The rising demand for solar energy threatens to increase the risk of forced labor in the supply chain, which often includes raw materials produced in China’s Xinjiang region.

An analysis conducted by the Rights Lab at the University of Nottingham and supported by the British Academy warns of a handful of consequences if the solar industry doesn’t quickly find a way to make sure there’s no forced labor in its supply chains. Without intervention, the increase in demand for solar energy is likely to worsen conditions for workers, it says. 

Alternatively, a haphazard response to forced labor could slow the roll-out of solar energy, making prices higher and limiting progress toward net zero goals. Or supply chains could split, with some goods able to certify fair labor practices and others not, an outcome that might not address the overall problem, the researchers say.

The findings once again put China’s role as a major supplier of renewable energy technologies in the spotlight. A little less than half of the world’s polysilicon, the ultra-conductive material that makes up solar panels, is produced in Xinjiang -- a region that’s home to Uyghur people and other ethnic minorities. 

Advocacy groups and a panel of United Nations experts expressed concerns that those groups have been subject to mass detention. As many as 3 million laborers in Xinjiang are transferred each year as part of government-sponsored labor programs, according to a Bloomberg News analysis of official data.  

Beijing calls those allegations the “lie of the century.” It denies the reports, saying they’re part of a Western effort to undermine development in the region and that such work programs are aimed at providing job opportunities.

“The fact that we can’t definitively put these concerns to bed, is itself a warning sign to all involved,” said James Cockayne, professor of global politics and anti-slavery at Rights Lab and one of the report’s authors. “It’s an indication that we can’t conduct effective, reliable human-rights due diligence to the standard required by international norms, which is feasible in pretty much every other value chain around the world.”

But it’s hard for investors, lenders or customers to know exactly what’s happening in the supply chain, in part because the Chinese government has cracked down on independent investigations. Most of the current evidence relies on a variety of sources, including testimonies from Uyghur and other ethnic minorities, reports in Chinese-language media, documentation by foreign journalists, and occasional database or document leaks.

To address the lack of transparency, the Rights Lab researchers introduced a new method for quantifying the risk of forced labor in a given supply chain, using industry and trade data and a well-regarded database of social impact assessments. In this case, they calculated the accumulated risk of forced labor for solar energy production in the electricity grid in 30 different countries.

They plan to apply the same methodology to other forms of power, so that governments and utilities can compare forced labor risk of different energy types the same way they compare costs or emissions. It could also be used to show the value for companies that can verify their products are made with supply chains free of forced labor.

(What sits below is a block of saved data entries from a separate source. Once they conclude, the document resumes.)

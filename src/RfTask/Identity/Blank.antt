-- ===== src/RfTask/Identity/Blank.antt =====
-- A module without an address of its own keeps off the air, firmware/src/rf_task.c.
use open_controller.Prelude.{
  ℕ, zero, suc, ◌≤◌, ◌≡◌, ◌≢◌, refl, ap, ◌∙◌, ◌⊎◌, inl, inr, Bool, true, false, List, replicate,
  arith,
}
use open_controller.RfTask.Bond.{Bond}
use open_controller.RfTask.Identity.{are_all, keyboard_mac_valid}
use open_controller.RfTask.Link.Callback.{
  Status, on_offer, on_poll_frame, on_frame, count_answer, status_callback, tmr0_irq_handler,
}
use open_controller.RfTask.Link.Handlers.{
  pair_broadcast, begin_session, enter_connected, answer_poll, on_rx_restart, on_rest_idle,
  on_lapse, handle, process_event, follow_hop, connected_tick,
}
use open_controller.RfTask.Link.Calls.{
  rf_task_init, drop_queue_unless_reselected, reselect, rf_select_2g4, rf_enter_pairing,
  rf_disconnect, rf_flush_bond_save, rf_clear_bond, note_report, rf_queue_hid_report, rf_led_resync,
}
use open_controller.RfTask.Link.Histories.{
  Input, due, interrupted, ticked, reported, when_asked, apply, run, booted, asked_keeps, run_keeps,
}
use open_controller.RfTask.Link.Invariant.{run-Sound}
use open_controller.RfTask.Link.Tuning.{run-Tuned}
use open_controller.RfTask.Link.{Link, Outcome, Event, idle, shut}
use open_controller.RfTask.Link.Resting.{
  rest_cancel, rest_arm_idle, rest_go_quiet, rest_enter, begin_search, rest_probe_start,
  rest_promote_to_normal,
}

-- Whether the address is valid is settled at the start.
event-mac : (l : Link) (e : Event) (o : Outcome) → (process_event l e o).mac_valid ≡ l.mac_valid
unfolding process_event handle rest_cancel rest_go_quiet begin_search rest_probe_start
    rest_promote_to_normal rest_arm_idle rest_enter on_lapse on_rest_idle enter_connected
    begin_session pair_broadcast answer_poll on_rx_restart
event-mac l e o = ground arith

callback-mac :
    (l : Link) (s : Status) (now later : ℕ)
    → (status_callback l s now later).mac_valid ≡ l.mac_valid
unfolding status_callback on_frame on_offer on_poll_frame count_answer
callback-mac l s now later = ground arith

tick-mac :
    (l : Link) (now later : ℕ) (ok : Bool) → (connected_tick l now later ok).mac_valid ≡ l.mac_valid
unfolding connected_tick follow_hop rest_go_quiet
tick-mac l now later ok = ground arith

report-mac : (l : Link) (report : List ℕ) → (rf_queue_hid_report l report).mac_valid ≡ l.mac_valid
unfolding rf_queue_hid_report note_report rest_cancel rest_probe_start begin_search
    rest_promote_to_normal rest_arm_idle
report-mac l report = ground arith

abbrev HasMac : Bool → Link → Type 0
HasMac valid l = l.mac_valid ≡ valid

apply-HasMac : (valid : Bool) (l : Link) (i : Input) → HasMac valid l → HasMac valid (apply l i)
unfolding apply tmr0_irq_handler rf_select_2g4 reselect rf_disconnect drop_queue_unless_reselected
    rf_clear_bond rf_flush_bond_save rf_led_resync rf_enter_pairing rest_promote_to_normal
    rest_arm_idle rest_cancel begin_search
apply-HasMac valid l (due e o) h =
    asked_keeps (HasMac valid) (l.tasks e) h (λ k. event-mac _ e o ∙ h)
apply-HasMac valid l (interrupted status now armed) h = callback-mac l status now armed ∙ h
apply-HasMac valid l (ticked now later config_ok) h = tick-mac l now later config_ok ∙ h
apply-HasMac valid l (reported report) h = report-mac l report ∙ h
apply-HasMac valid l i h = ground arith

booted-HasMac : (mac : List ℕ) (valid : Bool) (bond : Bond) → HasMac valid (booted mac valid bond)
unfolding booted rf_task_init begin_search when_asked process_event handle
booted-HasMac mac valid bond = ground arith

run-HasMac :
    (mac : List ℕ) (valid : Bool) (bond : Bond) (is : List Input)
    → HasMac valid (run (booted mac valid bond) is)
run-HasMac mac valid bond is =
    run_keeps (HasMac valid) (λ l i h. apply-HasMac valid l i h) (booted mac valid bond) is
      (booted-HasMac mac valid bond)

silent : (l : Link) → (1 ≤ l.state → l.mac_valid ≡ true) → l.mac_valid ≡ false → l.state ≡ idle
silent l h k = ground arith

are_all-replicate : (byte n : ℕ) → are_all byte (replicate n byte) ≡ true
unfolding are_all
are_all-replicate byte zero = refl
are_all-replicate byte (suc n) = let k = are_all-replicate byte n in ground arith

-- What makes an address blank: the vendor's call fails, or the bytes are all 0x00 or all 0xFF.
abbrev pub IsBlank : ℕ → List ℕ → Type 0
IsBlank returned mac = (returned ≢ 0) ⊎ ((mac ≡ replicate 6 0x00) ⊎ (mac ≡ replicate 6 0xFF))

blank_lem :
    (returned : ℕ) (mac : List ℕ) → IsBlank returned mac → keyboard_mac_valid returned mac ≡ false
unfolding keyboard_mac_valid
blank_lem returned mac (inl h) = ground arith
blank_lem returned mac (inr (inl h)) =
    let a = ap (are_all 0x00) h ∙ are_all-replicate 0x00 6 in ground arith
blank_lem returned mac (inr (inr h)) =
    let a = ap (are_all 0xFF) h ∙ are_all-replicate 0xFF 6 in ground arith

-- A module whose factory address cannot be read, or reads as all 0x00 or all 0xFF, never leaves the
-- idle state and keeps the radio shut, whatever bond it has and whatever comes to it since its start,
-- in whatever order.
pub blank_silent :
    (returned : ℕ) (mac : List ℕ) (bond : Bond) (is : List Input)
    → IsBlank returned mac
    → ((run (booted mac (keyboard_mac_valid returned mac) bond) is).state ≡ idle)
      × ((run (booted mac (keyboard_mac_valid returned mac) bond) is).radio.mode ≡ shut)
blank_silent returned mac bond is b =
    let valid = keyboard_mac_valid returned mac in
    let l = run (booted mac valid bond) is in
    let rests =
      silent l (run-Sound mac valid bond is).identified
        (run-HasMac mac valid bond is ∙ blank_lem returned mac b) in
    (rests, (run-Tuned mac valid bond is).quiet rests)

That verification has gotten more important in recent months. The U.S. cited forced labor concerns when it barred the import of some Xinjiang solar products last June, and in December passed the Uyghur Forced Labor Prevention Act. Effective June, the new law bans goods from Xinjiang unless companies can prove they aren’t made with forced labor. That move stirred “enormous anger” across Chinese society and the solar industry, a Chinese industry association said at the time.  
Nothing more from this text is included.